1) A firm and legal contract of employment
2) Somewhere to stay, maybe with family and rent free for a while
3) Friends or family living locally to you to show you the ropes
4) Fluency in Spanish and, better still, another language other than English
5) Your own place here already
6) Be independantly wealthy
7) Have a professional qualification, skill or trade that you can begin work with quickly and easily
8) Have lived here before in the past
9) Have enough savings to support yourself on for at least 12 months
10) Have private medical insurance

Unless you have at least one of those attributes (the more you have, the more likely you are to make a go of things), then make sure you have enough for the ticket home, because you will need it sooner than you think.


----------



## mrmedia (Jul 8, 2011)

Ah now, what about in 2020? Being ten to fifteen years off retirement (we hope, as they keep moving the age), we are looking to come out to Spain in 2020, to settle into a lower pace life. Either we'll live frugally, or, more likely we'll buy and run a small business that isn't a bar or restaurant! 
The way I see it, the economy will have changed beyond all recognition by 2020 and I'll be able to put into place many of those things on the list. Perhaps the problem is the short run in on most people's plan. 'Let's move to Spain.' Six months later 'Eeeeeeeeek!!!' 

Which business would you buy in 2020? Hmmmm?


----------



## Alcalaina (Aug 6, 2010)

mrmedia said:


> Which business would you buy in 2020? Hmmmm?

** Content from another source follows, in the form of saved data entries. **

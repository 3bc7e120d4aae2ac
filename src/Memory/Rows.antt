-- ===== src/Memory/Rows.antt =====
-- The rows of app/models.py for memories.
use careerops_agent.Shared.{ℕ, String, Bool, true, false, Option, List, ◌==◌, Eq_text}
use careerops_agent.Tool.Rows.{Json}

pub data MemoryType : Type 0 where
  working episodic fact : MemoryType

-- A column of text: `other` is any value but the three of the enumeration.
pub data MemoryScope : Type 0 where
  contract task run : MemoryScope
  other : String → MemoryScope

pub data MemoryStatus : Type 0 where
  active retired : MemoryStatus

abbrev pub is_working : MemoryType → Bool
is_working working = true
is_working _ = false

abbrev pub type_eq : MemoryType → MemoryType → Bool
type_eq working working = true
type_eq episodic episodic = true
type_eq fact fact = true
type_eq _ _ = false

abbrev pub scope_eq : MemoryScope → MemoryScope → Bool
scope_eq contract contract = true
scope_eq task task = true
scope_eq run run = true
scope_eq (other s) (other t) = s == t
scope_eq _ _ = false

abbrev pub is_retired : MemoryStatus → Bool
is_retired retired = true
is_retired active = false

pub record AgentMemory : Type 0 where
  pub id : ℕ
  pub goal_contract_id : ℕ
  pub scope_type : MemoryScope
  pub task_id : Option ℕ
  pub run_id : Option ℕ
  pub memory_type : MemoryType
  pub memory_key : String
  pub content : String
  pub source : String
  pub importance : ℕ
  pub version : ℕ
  pub status : MemoryStatus
  pub expires_at : Option ℕ
  pub retired_at : Option ℕ
  pub retirement_reason : Option String
  pub created_at : ℕ
  pub updated_at : ℕ

-- Identified by the columns of its unique constraint, the memory and the version.
pub record AgentMemoryRevision : Type 0 where
  pub memory_id : ℕ
  pub version : ℕ
  pub content : String
  pub source : String
  pub importance : ℕ
  pub provenance : Option Json
  pub change_reason : String
  pub valid_from : ℕ
  pub valid_to : Option ℕ

-- One evaluated candidate. The counts of the evaluator's calls are left out; `output` is what a
-- semantic evaluator said.
pub record MemoryCandidateRecord : Type 0 where
  pub goal_contract_id : ℕ
  pub task_id : ℕ
  pub source_run_id : Option ℕ
  pub scope_run_id : Option ℕ
  pub memory_id : Option ℕ
  pub memory_type : MemoryType
  pub scope_type : MemoryScope
  pub memory_key : String
  pub content : String
  pub source : String
  pub importance : ℕ
  pub provenance : Json
  pub decision : String
  pub storage_action : String
  pub reasons : List String
  pub evaluator_version : String
  pub evaluator_output : Option Json

-- `content_sha256` is left out.
pub record MemoryCleanupRecord : Type 0 where
  pub memory_id : ℕ
  pub removed_revision_count : ℕ
  pub cleaned_at : ℕ

-- The tables of memories. No memory is ever deleted, so the next primary key is one more than the
-- number of rows.
pub record MemoryDb : Type 0 where
  pub memories : List AgentMemory
  pub revisions : List AgentMemoryRevision
  pub candidates : List MemoryCandidateRecord
  pub cleanups : List MemoryCleanupRecord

An English-speaking residential care home on the Costa del Sol, with British TV piped into every room and British food served in the dining room ...


----------



## mrypg9 (Apr 26, 2008)

mrmedia said:


> Ah now, what about in 2020? Being ten to fifteen years off retirement (we hope, as they keep moving the age), we are looking to come out to Spain in 2020, to settle into a lower pace life. Either we'll live frugally, or, more likely we'll buy and run a small business that isn't a bar or restaurant!
> The way I see it, the economy will have changed beyond all recognition by 2020 and I'll be able to put into place many of those things on the list. Perhaps the problem is the short run in on most people's plan. 'Let's move to Spain.' Six months later 'Eeeeeeeeek!!!'
> 
> Which business would you buy in 2020? Hmmmm?


Best to plan to live frugally. The economy will undoubtedly have changed beyond all recognition by 2020 butmost likely not in ways we would welcome....


----------



## jimenato (Nov 21, 2009)

Alcalaina said:


> An English-speaking residential care home on the Costa del Sol, with British TV piped into every room and British food served in the dining room ...


I'm amazed that there aren't many (any?) of these around, there surely will be.

Also I think it's possible that the Spanish way of life could change to make Spanish equivalents viable.


----------



## mrypg9 (Apr 26, 2008)

jimenato said:


> I'm amazed that there aren't many (any?) of these around, there surely will be.
> 
> Also I think it's possible that the Spanish way of life could change to make Spanish equivalents viable.




Oh good.
(I have an interest here...better food, wine and coffee in a Spanish establishment, methinks...)


----------



## Pesky Wesky (May 10, 2009)

jimenato said:


> Also I think it's possible that the Spanish way of life could change to make Spanish equivalents viable.


One of my clients, apart from running an import business with Chinese goods also runs 2 residential homes for the elderly in Andalucia. OK, nothing too unusual in that (it is not true that the Spanish family still looks after all their elderly and that there are no homes for them. There are at least three in my town alone), but earlier in the year he was talking to some investors hoping to put money into the business - from Qatar!! So, send granny to the Luz del Virgin or something similar home and you'll find that the people really behind it all are - well, not who you thought.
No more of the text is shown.